→ **TASK BRIEF**
From the records below, transcribe only the lines running from the one with "then set_column hold" through the one with "raise_if (str_eq reason". Keep both of those end lines.

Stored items
■ ■ ■ ■ ■ ■ ■

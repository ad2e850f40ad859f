-- ===== src/Retention.antt =====
-- retention.py: the candidate policy (`Policy`), the reports of all remote identities (`Report`)
-- and the local holds (`Control`).
pub mod Reason
pub mod Policy
pub mod Inventory
pub mod Report
pub mod Control
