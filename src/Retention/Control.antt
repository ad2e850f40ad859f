-- ===== src/Retention/Control.antt =====
-- `set_control` of src/mailarchive/retention.py: local holds, at most one row for each message.
pub mod Laws
use mailarchive.Base.{
  ℕ, Bool, true, false, not, ◌||◌, Option, none, some, String, List, [], ◌∷◌, ltb, str_eq,
  if◌then◌else◌, is_none,
}
use mailarchive.Base.Lists.{filter, find}
use mailarchive.Base.Rows.{update_where}
use mailarchive.Errors.{
  Outcome, ok, raised, ◌>>=◌, ◌>>◌, raise_if, invalid_control_kind, invalid_reason,
  unknown_canonical,
}
use mailarchive.Host.{Host, num, text}
use mailarchive.Db.{Db, ControlRow, insert_audit_event}
use mailarchive.Retention.Inventory.{canonical_by_id}

-- `column`
pub data Hold : Type 0 where
  keep_online legal_hold : Hold

unfoldable pub hold_of : String → Outcome Hold
hold_of kind =
    if str_eq kind "keep-online"
    then ok keep_online
    else if str_eq kind "legal-hold"
    then ok legal_hold
    else raised invalid_control_kind

unfoldable pub held : Hold → ControlRow → Bool
held keep_online row = row.keep_online
held legal_hold row = row.legal_hold

-- `SET {column}=?`
unfoldable pub set_column : Hold → Bool → ControlRow → ControlRow
set_column keep_online value row = record row { keep_online = value }
set_column legal_hold value row = record row { legal_hold = value }

-- `other_column`
unfoldable pub other : Hold → Hold
other keep_online = legal_hold
other legal_hold = keep_online

-- `WHERE canonical_message_id=?`
unfoldable pub is_for : String → ControlRow → Bool
is_for id row = str_eq row.canonical_message_id id

unfoldable pub control_for : String → List ControlRow → Option ControlRow
unfolding is_for
control_for id rows = find (is_for id) rows

-- The row that `INSERT` writes where there was none.
new_control : Hold → String → String → String → ControlRow
unfolding set_column
new_control hold id reason now = set_column hold true (record {
  canonical_message_id = id;
  keep_online = false;
  legal_hold = false;
  reason = reason;
  updated_at = now;
})

-- `INSERT … ON CONFLICT(canonical_message_id) DO UPDATE`
unfoldable pub upsert : Hold → String → String → String → List ControlRow → List ControlRow
unfolding new_control is_for set_column
upsert hold id reason now [] = new_control hold id reason now ∷ []
upsert hold id reason now (row ∷ rows) =
    let rest = upsert hold id reason now rows in
    if is_for id row
    then set_column hold true (record row { reason = reason; updated_at = now }) ∷ rows
    else row ∷ rest

-- The row is kept while the other hold stands, and deleted else.
unfoldable pub release : Hold → String → String → String → List ControlRow → List ControlRow
unfolding is_for set_column held other control_for
release hold id reason now rows = elim (control_for id rows) [
  | none ↦ filter (λ row. not (is_for id row)) rows
  | some row ↦
      if held (other hold) row
      then update_where (is_for id)
          (λ (r : ControlRow).
            set_column hold false (record r { reason = reason; updated_at = now }))
          rows
      else filter (λ row. not (is_for id row)) rows
]

unfoldable pub set_rows : Bool → Hold → String → String → String → List ControlRow → List ControlRow
unfolding upsert release
set_rows true hold id reason now rows = upsert hold id reason now rows
set_rows false hold id reason now rows = release hold id reason now rows

module _ {W : Type 0} (host : Host W) where
  unfoldable pub set_control : W → String → String → String → Bool → Db → Outcome Db
  unfolding hold_of set_rows
  set_control w canonical_id kind given_reason enabled db = do
    hold ← hold_of kind
    let reason = host.strip given_reason
    raise_if (str_eq reason "" || ltb 256 (host.count reason)) invalid_reason
    raise_if (is_none (canonical_by_id db canonical_id)) unknown_canonical
    let now = host.isoformat (host.clock w)
    ok (
        insert_audit_event
          (record {
            timestamp = now;
            actor = "mailarchive.retention";
            event_type = if enabled then "retention.control.set" else "retention.control.released";
            account_id = none;
            canonical_message_id = some canonical_id;
            result = "success";
            details = ("kind", text kind) ∷ ("reason_length", num (host.count reason)) ∷ [];
          })
          (record db {
            retention_controls =
                set_rows enabled hold canonical_id reason now db.retention_controls;
          }))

■ ■ ■ ■ ■ ■ ■

→ **TASK ANSWER**
    then set_column hold true (record row { reason = reason; updated_at = now }) ∷ rows
    else row ∷ rest

-- The row is kept while the other hold stands, and deleted else.
unfoldable pub release : Hold → String → String → String → List ControlRow → List ControlRow
unfolding is_for set_column held other control_for
release hold id reason now rows = elim (control_for id rows) [
  | none ↦ filter (λ row. not (is_for id row)) rows
  | some row ↦
      if held (other hold) row
      then update_where (is_for id)
          (λ (r : ControlRow).
            set_column hold false (record r { reason = reason; updated_at = now }))
          rows
      else filter (λ row. not (is_for id row)) rows
]

unfoldable pub set_rows : Bool → Hold → String → String → String → List ControlRow → List ControlRow
unfolding upsert release
set_rows true hold id reason now rows = upsert hold id reason now rows
set_rows false hold id reason now rows = release hold id reason now rows

module _ {W : Type 0} (host : Host W) where
  unfoldable pub set_control : W → String → String → String → Bool → Db → Outcome Db
  unfolding hold_of set_rows
  set_control w canonical_id kind given_reason enabled db = do
    hold ← hold_of kind
    let reason = host.strip given_reason
    raise_if (str_eq reason "" || ltb 256 (host.count reason)) invalid_reason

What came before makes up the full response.